What to do: Word for word, please restate the lines from the beginning of the data through the line in which "least-same (x ∷" appears.

>>>>

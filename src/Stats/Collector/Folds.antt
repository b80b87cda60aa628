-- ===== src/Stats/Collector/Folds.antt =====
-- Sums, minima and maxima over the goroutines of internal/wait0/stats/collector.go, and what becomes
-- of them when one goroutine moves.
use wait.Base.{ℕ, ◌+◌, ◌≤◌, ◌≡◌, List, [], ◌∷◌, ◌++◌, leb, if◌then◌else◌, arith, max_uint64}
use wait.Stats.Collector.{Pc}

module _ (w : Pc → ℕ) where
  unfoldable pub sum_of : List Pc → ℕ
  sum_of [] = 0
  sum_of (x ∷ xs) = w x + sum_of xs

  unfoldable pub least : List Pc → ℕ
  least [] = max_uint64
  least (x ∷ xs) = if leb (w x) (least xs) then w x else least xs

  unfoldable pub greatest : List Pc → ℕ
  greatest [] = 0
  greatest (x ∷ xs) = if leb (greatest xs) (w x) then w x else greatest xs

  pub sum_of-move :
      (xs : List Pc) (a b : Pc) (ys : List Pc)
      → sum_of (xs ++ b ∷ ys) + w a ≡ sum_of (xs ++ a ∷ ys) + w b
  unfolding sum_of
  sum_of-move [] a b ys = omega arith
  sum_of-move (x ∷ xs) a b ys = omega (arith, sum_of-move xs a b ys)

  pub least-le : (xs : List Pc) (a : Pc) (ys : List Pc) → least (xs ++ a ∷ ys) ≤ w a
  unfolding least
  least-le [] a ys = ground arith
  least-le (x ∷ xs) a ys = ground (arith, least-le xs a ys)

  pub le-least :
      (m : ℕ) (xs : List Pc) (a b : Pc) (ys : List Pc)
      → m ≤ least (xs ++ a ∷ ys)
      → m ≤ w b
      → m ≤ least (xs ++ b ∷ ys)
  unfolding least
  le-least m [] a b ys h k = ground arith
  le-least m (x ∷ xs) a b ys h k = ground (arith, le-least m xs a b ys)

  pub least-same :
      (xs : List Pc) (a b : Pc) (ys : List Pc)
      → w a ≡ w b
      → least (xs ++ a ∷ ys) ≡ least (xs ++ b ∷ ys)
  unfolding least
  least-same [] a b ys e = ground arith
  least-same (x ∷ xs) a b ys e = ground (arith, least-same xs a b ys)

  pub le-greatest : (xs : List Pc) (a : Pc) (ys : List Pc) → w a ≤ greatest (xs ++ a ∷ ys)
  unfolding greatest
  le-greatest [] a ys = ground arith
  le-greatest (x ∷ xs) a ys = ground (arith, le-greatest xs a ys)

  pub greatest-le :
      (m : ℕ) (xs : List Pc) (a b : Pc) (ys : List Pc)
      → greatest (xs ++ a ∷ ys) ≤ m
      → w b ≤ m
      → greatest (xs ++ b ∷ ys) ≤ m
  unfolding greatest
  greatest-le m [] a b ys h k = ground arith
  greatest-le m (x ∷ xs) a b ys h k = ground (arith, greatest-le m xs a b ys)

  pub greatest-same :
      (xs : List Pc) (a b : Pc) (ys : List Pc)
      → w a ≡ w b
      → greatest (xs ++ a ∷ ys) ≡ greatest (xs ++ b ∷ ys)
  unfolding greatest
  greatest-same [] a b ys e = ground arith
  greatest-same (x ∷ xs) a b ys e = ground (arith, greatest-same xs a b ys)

<<<<

Solution:
filename src/Stats/Collector/Folds.antt
repository b80b87cda60aa628
-- ===== src/Stats/Collector/Folds.antt =====
-- Sums, minima and maxima over the goroutines of internal/wait0/stats/collector.go, and what becomes
-- of them when one goroutine moves.
use wait.Base.{ℕ, ◌+◌, ◌≤◌, ◌≡◌, List, [], ◌∷◌, ◌++◌, leb, if◌then◌else◌, arith, max_uint64}
use wait.Stats.Collector.{Pc}

module _ (w : Pc → ℕ) where
  unfoldable pub sum_of : List Pc → ℕ
  sum_of [] = 0
  sum_of (x ∷ xs) = w x + sum_of xs

  unfoldable pub least : List Pc → ℕ
  least [] = max_uint64
  least (x ∷ xs) = if leb (w x) (least xs) then w x else least xs

  unfoldable pub greatest : List Pc → ℕ
  greatest [] = 0
  greatest (x ∷ xs) = if leb (greatest xs) (w x) then w x else greatest xs

  pub sum_of-move :
      (xs : List Pc) (a b : Pc) (ys : List Pc)
      → sum_of (xs ++ b ∷ ys) + w a ≡ sum_of (xs ++ a ∷ ys) + w b
  unfolding sum_of
  sum_of-move [] a b ys = omega arith
  sum_of-move (x ∷ xs) a b ys = omega (arith, sum_of-move xs a b ys)

  pub least-le : (xs : List Pc) (a : Pc) (ys : List Pc) → least (xs ++ a ∷ ys) ≤ w a
  unfolding least
  least-le [] a ys = ground arith
  least-le (x ∷ xs) a ys = ground (arith, least-le xs a ys)

  pub le-least :
      (m : ℕ) (xs : List Pc) (a b : Pc) (ys : List Pc)
      → m ≤ least (xs ++ a ∷ ys)
      → m ≤ w b
      → m ≤ least (xs ++ b ∷ ys)
  unfolding least
  le-least m [] a b ys h k = ground arith
  le-least m (x ∷ xs) a b ys h k = ground (arith, le-least m xs a b ys)

  pub least-same :
      (xs : List Pc) (a b : Pc) (ys : List Pc)
      → w a ≡ w b
      → least (xs ++ a ∷ ys) ≡ least (xs ++ b ∷ ys)
  unfolding least
  least-same [] a b ys e = ground arith
  least-same (x ∷ xs) a b ys e = ground (arith, least-same xs a b ys)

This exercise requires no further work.